The automotive market is preparing for a major shift that could greatly benefit buyers. According to forecasts from the specialized portal Edmunds, in 2026 there will be a massive wave of vehicles returning from leases, including hundreds of thousands of low-mileage electric vehicles (EVs), well-equipped and priced much more attractively than current new models.
Far from signaling a failure for electric cars, this situation reveals a different mistake by the industry: betting on excessively high prices in an increasingly demanding economic context for consumers.
The problem wasn’t electric cars, but the prices
In recent years, the average price of new cars in the United States has soared to around $50,000, and electric vehicles have been even more expensive, especially after the disappearance of the $7,500 federal tax credit. Persistent inflation and high interest rates have drastically changed consumer perceptions.

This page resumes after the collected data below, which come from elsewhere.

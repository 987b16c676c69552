-- ===== src/Lib.antt =====
-- Classic Games Hub: the rules of its games, the launcher's guards, and the service that keeps scores
-- and progress.
--
-- Each game is a class of client/games over `BaseGame` of client/common/ui.py: a frame loop that
-- delivers events to `handle_event` and then time to `update`, and calls `on_game_over` or `on_win`
-- when a game ends. The models take the class's fields as a record, each handler as a function on
-- it, and a session as the fold of its events and frames over the state that `reset` makes. What a
-- game stores or reports (a result, an autosave) is a list of effects in the state, in the order of
-- the calls.
--
--   Prelude    the shared names: numbers, Boolean tests, lists, signed integers (Prelude/Int),
--              Python's exceptions as values (Prelude/Results)
--   Points     grid points, and sets of points as lists with no point twice
--   Game2048   client/games/game_2048.py. Board: `Tile`, `_can_move`, `_spawn_tile`, `_max_tile`.
--              Line: `_process_line`. Slide: the four directions of `_move`. Play: the game, `_move`,
--              the autosave. Tick: `_tick_animations`, `_continue_after_win`, `reset`. The proofs
--              stand in Line/Rule, Slide/*, CanMove, Invariant and Outcome
--   Sokoban    client/games/sokoban.py and game_service/sokoban_history.py. Level: `parse_level`.
--              Play: the board's part of `_try_move` and `_undo`, `encode_history`, `decode_history`.
--              Win: `_try_move`, `_undo` and `_check_win` whole. The proofs stand in Level/Parsed,
--              Trail, Session, Campaign, Clear and Ledger
--   Snake      client/games/snake.py: `_step`, `update`, `_spawn_food`, `handle_event`, `reset`. The
--              proofs stand in Snake/Food and Snake/Safety
--   Tetris     client/games/tetris.py. Shapes: the tables. Board: `Piece`, `_collides`, the board.
--              Play: every command. Clock: `update` and the keys. The proofs stand in Bag, Lines,
--              Landing, Fit and Run
--   Profile    client/profile_controller.py: every method; Launch has the calls and what they leave
--   Catalog    game_service/catalog.py: the games, their rulesets and score policies
--   Store      game_service/store.py: `record_mutation`. Attempts: the tables and their queries.
--              Record: the handler. The proofs stand in Rows, Ledger and Retry
--   Progress   game_service/progress.py. Policy: `validate_progress`, `merge_progress`. The proofs
--              stand in Canonical, Read, RoundTrip, Validate, Keep, Joins, Merge and Replay
--   Mutation   game_service/mutation.py and game_service/profile.py. Normalize:
--              `normalize_score_mutation`, `ProfileIdentity`. The proofs stand in Bounds and Normal
--   Outbox     game_service/local_backend.py, `PersistentStateOutbox`. Shape: `_validate_json_shape`.
--              Values: the policy of Progress. Operation, Resolve: `resolve_operations` and its
--              helpers. The proofs stand in Components, Absorb, Dominance, Kept, Again, Order and
--              Latest
--
-- Conventions. Times are natural numbers of milliseconds, or in Snake of a unit that divides every
-- interval, where the source has floating-point seconds; all the constants of the source are whole in
-- them. Coordinates that may leave the board are signed integers. The random generator is a
-- parameter: the index that `choice` takes, the tile that is drawn, the function that `shuffle` is.
-- A text is the list of its code points (Prelude/Texts), a JSON value is what `json.loads` returns
-- (Prelude/Json). The digest of a payload, the Unicode database, UUIDs and the JSON encoder are
-- parameters. A transaction that raises is rolled back, so an error leaves the store as it was.
--
-- Loops. A loop with a bound of its own in the source (the catch-up steps of Snake, the repeats of
-- Tetris) recurses on that bound. A drop in Tetris recurses on the distance to the floor, which is
-- enough because no piece fits below the floor. The queue of 2048 and the lift of a rotation recurse
-- on the queue and on the debt themselves. The shape check of JSON recurses on the nodes that its limit
-- still allows, and refuses when there are none, as the source does.
--
-- Not modelled: drawing, sound, fonts and mouse hit tests (pure output of pygame); Zuma, which is
-- geometry in floating point; the protocol by which a game saves its score; the launcher's screens
-- and the network; of the game service its SQL schema and migrations, files, imports and tools.
pub mod Prelude
pub mod Points
pub mod Snake
pub mod Sokoban
pub mod Game2048
pub mod Tetris
pub mod Profile
pub mod Catalog
pub mod Store
pub mod Progress
pub mod Outbox
pub mod Mutation
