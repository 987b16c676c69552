-- ===== src/Catalog.antt =====
-- game_service/catalog.py: the games, with the ruleset and the score policy of each.
use classic_games.Prelude.{Bool, true, false, Option, none, some, if◌then◌else◌}
use classic_games.Prelude.Texts.{Text, codes, text_eq}

pub data ScorePolicy : Type 0 where
  final_only monotonic_revision : ScorePolicy

pub data GameId : Type 0 where
  tetris snake game_2048 sokoban zuma : GameId

abbrev pub same_game : GameId → GameId → Bool
same_game tetris tetris = true
same_game snake snake = true
same_game game_2048 game_2048 = true
same_game sokoban sokoban = true
same_game zuma zuma = true
same_game _ _ = false

unfoldable pub text_of : GameId → Text
text_of tetris = codes "tetris"
text_of snake = codes "snake"
text_of game_2048 = codes "2048"
text_of sokoban = codes "sokoban"
text_of zuma = codes "zuma"

unfoldable pub ruleset_version : GameId → Text
ruleset_version tetris = codes "tetris-assist-3"
ruleset_version snake = codes "snake-classic-1"
ruleset_version game_2048 = codes "2048-classic-2"
ruleset_version sokoban = codes "sokoban-campaign-2"
ruleset_version zuma = codes "zuma-classic-2"

unfoldable pub score_policy : GameId → ScorePolicy
score_policy game_2048 = monotonic_revision
score_policy sokoban = monotonic_revision
score_policy _ = final_only

-- GAME_BY_ID
unfoldable pub game_named : Text → Option GameId
game_named t =
    if text_eq t (text_of tetris)
    then some tetris
    else if text_eq t (text_of snake)
    then some snake
    else if text_eq t (text_of game_2048)
    then some game_2048
    else if text_eq t (text_of sokoban)
    then some sokoban
    else if text_eq t (text_of zuma)
    then some zuma
    else none
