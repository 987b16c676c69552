-- ===== src/Game2048.antt =====
-- client/games/game_2048.py: the sliding-tile game.
pub mod Board
pub mod Line
pub mod Slide
pub mod Play
pub mod Tick
pub mod CanMove
pub mod Invariant
pub mod Outcome
mod Tests
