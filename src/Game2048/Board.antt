-- ===== src/Game2048/Board.antt =====
-- client/games/game_2048.py: tiles, the board, and the tests that only read it. The board is a
-- function of row and column. The source's list `tiles` holds the same objects as the board, and
-- during a slide also the merged-away ones, which `Game2048.Slide` keeps in a list of their own.
-- The drawing timers `spawn_progress` and `merge_pop` are left out.
use classic_games.Prelude.{
  ℕ, zero, suc, ◌<◌, ◌≡◌, ◌+◌, ◌%◌, max, Bool, true, false, ◌&&◌, ◌||◌, Option, none, some, List,
  [], ◌∷◌, ◌++◌, length, get_elem?, ltb, ◌==◌, if◌then◌else◌,
}

abbrev pub size : ℕ
size = 4

pub record Tile : Type 0 where
  pub value : ℕ
  pub target_value : ℕ
  pub row : ℕ
  pub col : ℕ
  pub from_row : ℕ
  pub from_col : ℕ
  pub dead : Bool

-- Tile(value=v, row=r, col=c) with __post_init__
abbrev pub new_tile : ℕ → ℕ → ℕ → Tile
new_tile v r c = record {
  value = v;
  target_value = v;
  row = r;
  col = c;
  from_row = r;
  from_col = c;
  dead = false;
}

abbrev pub Grid : Type 0
Grid = ℕ → ℕ → Option Tile

abbrev pub empty_grid : Grid
empty_grid r c = none

-- grid[r][c] = t
abbrev pub set_cell : Grid → ℕ → ℕ → Tile → Grid
set_cell g r c t i j = if i == r && j == c then some t else g i j

-- for i in range(n): some p(i)
abbrev pub any_below : ℕ → (ℕ → Bool) → Bool
any_below zero p = false
any_below (suc n) p = any_below n p || p n

abbrev pub any_cell : (ℕ → ℕ → Bool) → Bool
any_cell p = any_below size (λ r. any_below size (λ c. p r c))

abbrev pub is_none : Option Tile → Bool
is_none none = true
is_none (some t) = false

-- both cells hold tiles of one value
abbrev pub same_value : Option Tile → Option Tile → Bool
same_value (some t) (some n) = n.value == t.value
same_value (some t) none = false
same_value none n = false

unfoldable pub can_move : Grid → Bool
can_move g =
    any_cell (λ r c. is_none (g r c))
    || any_cell (λ r c.
      ltb (c + 1) size && same_value (g r c) (g r (c + 1))
      || ltb (r + 1) size && same_value (g r c) (g (r + 1) c))

-- Σ over the cells of a board, row by row
abbrev pub sum_below : ℕ → (ℕ → ℕ) → ℕ
sum_below zero f = 0
sum_below (suc n) f = sum_below n f + f n

abbrev pub value_of : Option Tile → ℕ
value_of none = 0
value_of (some t) = t.value

-- the value that a tile takes when the slide ends
abbrev pub target_of : Option Tile → ℕ
target_of none = 0
target_of (some t) = t.target_value

-- the sum of a weight over the cells of a board
abbrev pub board_sum : (Option Tile → ℕ) → Grid → ℕ
board_sum w g = sum_below size (λ r. sum_below size (λ c. w (g r c)))

-- A tile at rest knows its cell, and has no merge pending.
abbrev pub AtRest : ℕ → ℕ → Option Tile → Type 0
AtRest r c none = Unit
AtRest r c (some t) = (t.row ≡ r) × (t.col ≡ c) × (t.target_value ≡ t.value) × (t.dead ≡ false)

pub record IsSettled (g : Grid) : Type 0 where
  pub at : (r c : ℕ) → r < size → c < size → AtRest r c (g r c)

-- the cells in reading order that the test accepts
abbrev pub cells_where : (ℕ → ℕ → Bool) → List (ℕ × ℕ)
cells_where p = rows size
  where
    cols : ℕ → ℕ → List (ℕ × ℕ)
    cols r zero = []
    cols r (suc c) = cols r c ++ (if p r c then (r, c) ∷ [] else [])

    rows : ℕ → List (ℕ × ℕ)
    rows zero = []
    rows (suc r) = rows r ++ cols r size

-- What the random generator answers: `pick` for `choice`, `four` for `random() >= 0.9`.
pub record Draw : Type 0 where
  pub pick : ℕ
  pub four : Bool

-- rng.choice(cells): an element of the sequence
abbrev pub choice : Draw → List (ℕ × ℕ) → Option (ℕ × ℕ)
choice d l = get_elem? l (d.pick % length l)

unfoldable pub spawn_tile : Draw → Grid → Bool × Grid
spawn_tile d g = elim (choice d (cells_where (λ r c. is_none (g r c)))) [
  | none ↦ (false, g)
  | some (i, j) ↦ (true, set_cell g i j (new_tile (if d.four then 4 else 2) i j))
]

max_row : Grid → ℕ → ℕ → ℕ
max_row g r zero = 0
max_row g r (suc c) = max (max_row g r c) (value_of (g r c))

max_rows : Grid → ℕ → ℕ
unfolding max_row
max_rows g zero = 0
max_rows g (suc r) = max (max_rows g r) (max_row g r size)

unfoldable pub max_tile : Grid → ℕ
unfolding max_rows
max_tile g = max_rows g size
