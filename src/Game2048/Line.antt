-- ===== src/Game2048/Line.antt =====
-- client/games/game_2048.py: `_process_line`, the merge of one line of tiles, and the rule that it
-- implements.
pub mod Rule
use mathlib.Core.List.{reverse, foldl}
use package.classic_games.Prelude.{Option, none, some, List, [], ◌∷◌, ◌==◌, if◌then◌else◌}
use package.classic_games.Game2048.Board.{Tile}

pub record LineSlot : Type 0 where
  pub tile : Tile
  pub source : Option Tile

abbrev pub single : Tile → LineSlot
single t = record { tile = t; source = none }

abbrev pub merged : Tile → Tile → LineSlot
merged t s = record { tile = t; source = some s }

-- the newest slot takes the tile, or a new slot follows it
abbrev pub take_tile : LineSlot → Option Tile → Tile → List LineSlot → List LineSlot
take_tile s none t rest =
    if s.tile.value == t.value then merged s.tile t ∷ rest else single t ∷ s ∷ rest
take_tile s (some _) t rest = single t ∷ s ∷ rest

-- One round of the loop. The newest slot stands first.
unfoldable pub push_tile : List LineSlot → Tile → List LineSlot
push_tile [] t = single t ∷ []
push_tile (s ∷ rest) t = take_tile s s.source t rest

unfoldable pub process_line : List Tile → List LineSlot
unfolding push_tile
process_line line = reverse (foldl push_tile [] line)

More than ever, buyers are seeking real deals and good value for money, something the new car market can no longer always provide. This is where the market for used electric vehicles comes into play, which could have its golden moment in 2026.
A wave of lease returns in 2026
Edmunds estimates that around 400,000 additional leased vehicles will return to the market in 2026. This increase is due to the fact that, after a sharp drop in leasing in 2022, contracts began to recover in 2023, generating a much larger volume of returns.
Analysts point out that this situation will help fill a significant gap seen in 2025, when affordable nearly-new cars were scarce. The result will be a more flexible and competitive market, ideal for those who cannot or do not want to take on the high monthly payments of a new car.
Why there will be so many almost-new EVs
A key fact explains it all: approximately 71% of electric vehicles sold in recent years were leased. This was due to a peculiarity in the tax incentive system: while purchasing a car and obtaining the full credit required it to be manufactured in North America, leased EVs could benefit from the incentive regardless of origin.
Manufacturers took advantage of this to launch very aggressive leasing offers, which drove electric car adoption. Now, with two- and three-year contracts ending, all those vehicles will return to the market… and at a depreciated value.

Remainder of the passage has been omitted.